[[ DATA EXCERPTS open ]]
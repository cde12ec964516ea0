-- ===== src/Tendermint/Rounds/Setups.antt =====
-- The setup of the Tendermint test cases: the partition, and the variable that TrackRoundTwoThirds reads.
use tendermint_testing.Base.{
  ℕ, ◌+◌, ◌-◌, ◌*◌, ◌/◌, ◌<◌, ◌≡◌, ◌≢◌, refl, ◌∙◌, ap, String, false, List, [], ◌∷◌, map, length,
  Option, none, some, arith, nat_beq, string_eq, Bool-cases, inl, inr,
}
use tendermint_testing.Types.Replicas.{Replica, ReplicaStore, iter, cap_of}
use tendermint_testing.Tendermint.Partition.{
  Part, not_positive, wrong_total, create_partition, new_partition, total,
}
use tendermint_testing.Tendermint.Partition.Adding.{held_by, size_of, ids, Distinct}
use tendermint_testing.Tendermint.Partition.Parts.{create_partition_parts}
use tendermint_testing.Tendermint.Rounds.{partition, printed}

module _ (val_addr : Replica → Option String) where
  abbrev sizes : ℕ → List ℕ
  sizes f = 1 ∷ f ∷ 2 * f ∷ []

  abbrev labels : List String
  labels = "h" ∷ "faulty" ∷ "rest" ∷ []

  partition-printed :
      (store : ReplicaStore) (f : ℕ)
      → (cap_of store - 1) / 3 ≡ f
      → partition val_addr store ≡ printed (create_partition val_addr store (sizes f) labels)
  unfolding partition create_partition
  partition-printed store f is =
      ap (λ x. printed (create_partition val_addr store (sizes x) labels)) is

  create_none_faulty :
      (store : ReplicaStore)
      → create_partition val_addr store (sizes 0) labels ≡ some (inl not_positive)
  unfolding create_partition
  create_none_faulty store = refl

  create_wrong_total :
      (store : ReplicaStore) (f : ℕ)
      → 0 < f
      → cap_of store ≢ 3 * f + 1
      → create_partition val_addr store (sizes f) labels ≡ some (inl wrong_total)
  unfolding create_partition
  create_wrong_total store f some_faulty differ =
      let one : nat_beq f 0 ≡ false = ground arith in
      let two : nat_beq (2 * f) 0 ≡ false = ground arith in
      let wrong : nat_beq (total (sizes f)) (cap_of store) ≡ false = ground arith in
      rw (create_partition, one, two, wrong) refl

  -- The partition that Setup makes by default, of a store that lists as many different replicas as it
  -- was made for. For 3f + 1 replicas with a positive f, its parts h, faulty and rest have 1, f and 2f
  -- replicas and hold all of them, in the order of the store. For any other number the setup panics.
  pub partition_lem :
      (store : ReplicaStore) (rs : List Replica)
      → iter store ≡ some (map some rs)
      → length rs ≡ cap_of store
      → Distinct rs
      → ((f : ℕ)
          → 0 < f
          → cap_of store ≡ 3 * f + 1
          → (ps : List Part) × (partition val_addr store ≡ some (new_partition ps []))
            × (map size_of ps ≡ sizes f)
            × (map (λ (q : Part). q.label) ps ≡ labels)
            × (held_by ps ≡ ids rs))
        × (((f : ℕ) → 0 < f → cap_of store ≢ 3 * f + 1) → partition val_addr store ≡ none)
  partition_lem store rs listed full apart = (
    λ f some_faulty three.
        let is : (cap_of store - 1) / 3 ≡ f = omega arith in
        let (ps, made, by_size, by_label, all) =
          create_partition_parts val_addr store (sizes f) labels rs listed (omega arith)
            (omega arith) apart refl (ground arith, (ground arith, (ground arith, tt))) in
        (ps, partition-printed store f is ∙ ap printed made, by_size, by_label, all),
    λ never. elim (Bool-cases (nat_beq ((cap_of store - 1) / 3) 0)) [
      | inl no_faulty ↦
          partition-printed store 0 (ground arith) ∙ ap printed (create_none_faulty store)
      | inr some_faulty ↦
          partition-printed store ((cap_of store - 1) / 3) refl
          ∙ ap printed (
              create_wrong_total store ((cap_of store - 1) / 3) (ground arith)
                (never ((cap_of store - 1) / 3) (ground arith)))
    ],
  )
[[ DATA EXCERPTS closed ]]
§ WHAT NEEDS TO BE DONE
Only lines with the word "apart" should be collected from the material.

§ YOUR RESPONSE
  partition_lem store rs listed full apart = (
            (omega arith) apart refl (ground arith, (ground arith, (ground arith, tt))) in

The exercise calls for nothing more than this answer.